(Material supplied)

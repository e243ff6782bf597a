-- ===== src/TlsRetry/Scheduled.antt =====
-- The targets that normalizeRequest of internal/tlsretrybatch lists, and those that are scheduled.
use reachrun.Prelude.{
  drop, ◌∙◌, ℕ, zero, suc, ◌+◌, ◌-◌, ◌≤◌, map, ap, true, false, Option, none, some, List, [], ◌∷◌,
  ◌++◌, take, length, Bytes, bytes_eq, bytes_eq_iff, contains, is_empty, ◌≡◌, refl, Bool-cases, inl,
  inr, Option-cases, All, All-append, arith,
}
use reachrun.NetTarget.Address.{NetLibrary, Addr, zone, unmap}
use reachrun.NetTarget.PublicIp.{PublicIp, is_allowed_public_ip, allow_public, normalize_public_ip}
use reachrun.TlsRetry.{TargetResult, not_started}
use reachrun.TlsRetry.Normalize.{
  Invalid, Input, Scan, scan_step, scan_targets, check_scan, normalize_request,
  request_target_limit, target_limit, bounded_targets, omitted_targets, initialize_targets,
}

-- No text stands twice.
abbrev pub NoRepeat : List Bytes → Type 0
NoRepeat [] = Unit
NoRepeat (t ∷ ts) = (contains t ts ≡ false) × NoRepeat ts

contains-append :
    (t x : Bytes) (ts : List Bytes)
    → contains t ts ≡ false
    → bytes_eq x t ≡ false
    → contains t (ts ++ x ∷ []) ≡ false
unfolding contains
contains-append t x [] h e = rw e refl
contains-append t x (u ∷ ts) h e = ground (arith, contains-append t x ts)

NoRepeat-append :
    (x : Bytes) (ts : List Bytes) → contains x ts ≡ false → NoRepeat ts → NoRepeat (ts ++ x ∷ [])
unfolding contains
NoRepeat-append x [] h n = (refl, tt)
NoRepeat-append x (t ∷ ts) h n =
    let other : bytes_eq x t ≡ false = ground (arith, h, bytes_eq_iff x t, bytes_eq_iff t x) in
    let rest : contains x ts ≡ false = ground (arith, h) in
    (contains-append t x ts n.0 other, NoRepeat-append x ts rest n.1)

contains-is_empty : (x : Bytes) (ts : List Bytes) → contains x ts ≡ true → is_empty ts ≡ false
unfolding contains
contains-is_empty x [] h = cc h
contains-is_empty x (t ∷ ts) h = refl

append-is_empty : (x : Bytes) (ts : List Bytes) → is_empty (ts ++ x ∷ []) ≡ false
append-is_empty x [] = refl
append-is_empty x (t ∷ ts) = refl

module _ (lib : NetLibrary) where
  -- The text that an address which may be connected to has.
  abbrev pub IsPublicText : Bytes → Type 0
  IsPublicText text = (a : Addr) × (is_allowed_public_ip a ≡ true) × (text ≡ lib.addr_text a)

  allow_public-text :
      (a : Addr) → (allow_public lib a).error ≡ none → IsPublicText (allow_public lib a).text
  unfolding allow_public
  allow_public-text a = elim (Bool-cases (is_allowed_public_ip a)) [
    | inl allowed ↦ rw (allow_public, allowed) (λ h. (a, allowed, refl))
    | inr refused ↦ rw (allow_public, refused) (λ h. cc h)
  ]

  normalize_public_ip-text :
      (value : Bytes)
      → (normalize_public_ip lib value).error ≡ none
      → IsPublicText (normalize_public_ip lib value).text
  unfolding normalize_public_ip
  normalize_public_ip-text value = elim (Option-cases (lib.parse_addr (lib.trim_space value))) [
    | inl e ↦ rw (normalize_public_ip, e) (λ h. cc h)
    | inr (a, e) ↦ elim (Bool-cases (is_empty (zone a))) [
      | inr zoned ↦ rw (normalize_public_ip, e, zoned) (λ h. cc h)
      | inl plain ↦ rw (normalize_public_ip, e, plain) (allow_public-text (unmap a))
    ]
  ]

  record IsScan (s : Scan) : Type 0 where
    no_repeat : NoRepeat s.targets
    public : s.first_error ≡ none → All IsPublicText s.targets

  first_error-none :
      (index : ℕ) (r : PublicIp) (s : Scan)
      → (scan_step index r s).first_error ≡ none
      → (s.first_error ≡ none) × (r.error ≡ none)
  unfolding scan_step
  first_error-none index r s h = ground (arith, h)

  scan_step-IsScan :
      (index : ℕ) (r : PublicIp) (s : Scan)
      → (r.error ≡ none → IsPublicText r.text)
      → IsScan s
      → IsScan (scan_step index r s)
  unfolding scan_step
  scan_step-IsScan index r s good is = elim (Bool-cases (contains r.text s.targets)) [
    | inl old ↦ record {
      no_repeat = rw (scan_step, old) is.no_repeat;
      public = λ h. rw (scan_step, old) (is.public (first_error-none index r s h).0);
    }
    | inr new ↦ record {
      no_repeat = rw (scan_step, new) (NoRepeat-append r.text s.targets new is.no_repeat);
      public = λ h.
          let (before, here) = first_error-none index r s h in
          rw (scan_step, new)
            (All-append IsPublicText s.targets (r.text ∷ []) (is.public before) (good here, tt));
    }
  ]

  scan_targets-IsScan :
      (index : ℕ) (values : List Bytes) (s : Scan)
      → IsScan s
      → IsScan (scan_targets lib index values s)
  unfolding scan_targets
  scan_targets-IsScan index [] s is = is
  scan_targets-IsScan index (value ∷ values) s is =
      scan_targets-IsScan (index + 1) values _ (
        scan_step-IsScan index (normalize_public_ip lib value) s (normalize_public_ip-text value)
          is)

  -- A text that is listed stays, and every step lists one.
  scan_step-is_empty :
      (index : ℕ) (r : PublicIp) (s : Scan) → is_empty (scan_step index r s).targets ≡ false
  unfolding scan_step
  scan_step-is_empty index r s = elim (Bool-cases (contains r.text s.targets)) [
    | inl old ↦ rw (scan_step, old) (contains-is_empty r.text s.targets old)
    | inr new ↦ rw (scan_step, new) (append-is_empty r.text s.targets)
  ]

  scan_targets-is_empty :
      (index : ℕ) (values : List Bytes) (s : Scan)
      → is_empty s.targets ≡ false
      → is_empty (scan_targets lib index values s).targets ≡ false
  unfolding scan_targets
  scan_targets-is_empty index [] s h = h
  scan_targets-is_empty index (value ∷ values) s h =
      scan_targets-is_empty (index + 1) values _
        (scan_step-is_empty index (normalize_public_ip lib value) s)

  scan-filled :
      (request : List Bytes)
      → is_empty request ≡ false
      → is_empty (scan_targets lib 0 request (record { targets = []; first_error = none })).targets
        ≡ false
  unfolding scan_targets
  scan-filled [] h = cc h
  scan-filled (value ∷ values) h = scan_targets-is_empty 1 values _ (
      scan_step-is_empty 0 (normalize_public_ip lib value)
        (record { targets = []; first_error = none }))

  check_scan-none :
      (request : List Bytes) (s : Scan)
      → check_scan request s ≡ none
      → (is_empty request ≡ false)
        × (s.first_error ≡ none)
        × (length s.targets ≤ request_target_limit)
  unfolding check_scan
  check_scan-none request s h = ground (arith, h)

  abbrev IsBatch : List Bytes → Type 0
  IsBatch targets =
      All IsPublicText targets
      × (is_empty targets ≡ false)
      × (length targets ≤ request_target_limit)

  -- What a request is normalized to: with no error it is a batch.
  pub IsNormalized : List Bytes → Option Invalid → Type 0
  IsNormalized targets none = NoRepeat targets × IsBatch targets
  IsNormalized targets (some _) = NoRepeat targets

  IsNormalized-by :
      (targets : List Bytes) (error : Option Invalid)
      → NoRepeat targets
      → (error ≡ none → IsBatch targets)
      → IsNormalized targets error
  unfolding IsNormalized
  IsNormalized-by targets none distinct batch = (distinct, batch refl)
  IsNormalized-by targets (some _) distinct batch = distinct

  -- normalizeRequest lists no target twice, also beside an error; where it returns no error, each
  -- target is the text of a public address, and there are at least one and at most sixteen of them.
  pub normalize_request-IsNormalized :
      (request : List Bytes)
      → IsNormalized (normalize_request lib request).0.targets (normalize_request lib request).1
  unfolding normalize_request
  normalize_request-IsNormalized request =
      let s = scan_targets lib 0 request (record { targets = []; first_error = none }) in
      let is =
        scan_targets-IsScan 0 request (record { targets = []; first_error = none })
          (record { no_repeat = tt; public = λ h. tt }) in
      IsNormalized-by s.targets (check_scan request s) is.no_repeat (λ h.
        let (filled, no_error, few) = check_scan-none request s h in
        (is.public no_error, scan-filled request filled, few))

take-append : (n : ℕ) (l : List Bytes) → take n l ++ drop n l ≡ l
take-append zero l = refl
take-append (suc n) [] = refl
take-append (suc n) (x ∷ l) = ap (λ r. x ∷ r) (take-append n l)

take-length :
    (n : ℕ) (l : List Bytes) → (length (take n l) ≤ n) × (length (drop n l) ≡ length l - n)
take-length zero l = omega arith
take-length (suc n) [] = omega arith
take-length (suc n) (x ∷ l) = ground (arith, take-length n l)

abbrev fresh : (Bytes → Bytes) → Bytes → TargetResult
fresh target_family value = record {
  dial_ip = value;
  family = target_family value;
  status = not_started;
  attempts = [];
  attempts_nil = false;
}

-- A target that no worker has touched.
abbrev pub IsFresh : (Bytes → Bytes) → TargetResult → Type 0
IsFresh target_family t =
    (t.family ≡ target_family t.dial_ip)
    × (t.status ≡ not_started)
    × (t.attempts ≡ [])
    × (t.attempts_nil ≡ false)

map-IsFresh :
    (target_family : Bytes → Bytes) (l : List Bytes)
    → All (IsFresh target_family) (map (fresh target_family) l)
      × (map (λ t. t.dial_ip) (map (fresh target_family) l) ≡ l)
      × (length (map (fresh target_family) l) ≡ length l)
map-IsFresh target_family [] = (tt, refl, refl)
map-IsFresh target_family (x ∷ l) =
    let (all, same, count) = map-IsFresh target_family l in
    (((refl, refl, refl, refl), all), ap (λ r. x ∷ r) same, ap suc count)

-- What is scheduled of the listed targets, and the others.
pub record IsSchedule (target_family : Bytes → Bytes) (listed : List Bytes) (omitted : ℕ)
    (scheduled : List TargetResult) : Type 0 where
  pub fresh : All (IsFresh target_family) scheduled
  pub few : length scheduled ≤ target_limit
  pub rest : List Bytes
  pub all_listed : map (λ t. t.dial_ip) scheduled ++ rest ≡ listed
  pub rest_omitted : length rest ≡ omitted

-- The targets that are scheduled are the first listed ones, at most four, in their order, each with
-- its family, not started and with an empty list of attempts; the others are as many as are counted as omitted.
pub initialize_targets-IsSchedule :
    (target_family : Bytes → Bytes) (input : Input)
    → IsSchedule target_family input.targets
        (omitted_targets input)
        (initialize_targets target_family input)
initialize_targets-IsSchedule target_family input =
    let (all, same, count) = map-IsFresh target_family (bounded_targets input) in
    let (few, others) = take-length target_limit input.targets in
    record {
      fresh = all;
      few = omega (arith, count, few);
      rest = drop target_limit input.targets;
      all_listed =
          ap (λ l. l ++ drop target_limit input.targets) same
          ∙ take-append target_limit input.targets;
      rest_omitted = others;
    }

(End Material supplied)

### [Task instructions]
Only the lines above from the line with "(normalize_public_ip lib value).text" to the line with "e) (λ h. cc h)", those two lines included, should be reproduced exactly.

### [Answer space]
      → IsPublicText (normalize_public_ip lib value).text
  unfolding normalize_public_ip
  normalize_public_ip-text value = elim (Option-cases (lib.parse_addr (lib.trim_space value))) [
    | inl e ↦ rw (normalize_public_ip, e) (λ h. cc h)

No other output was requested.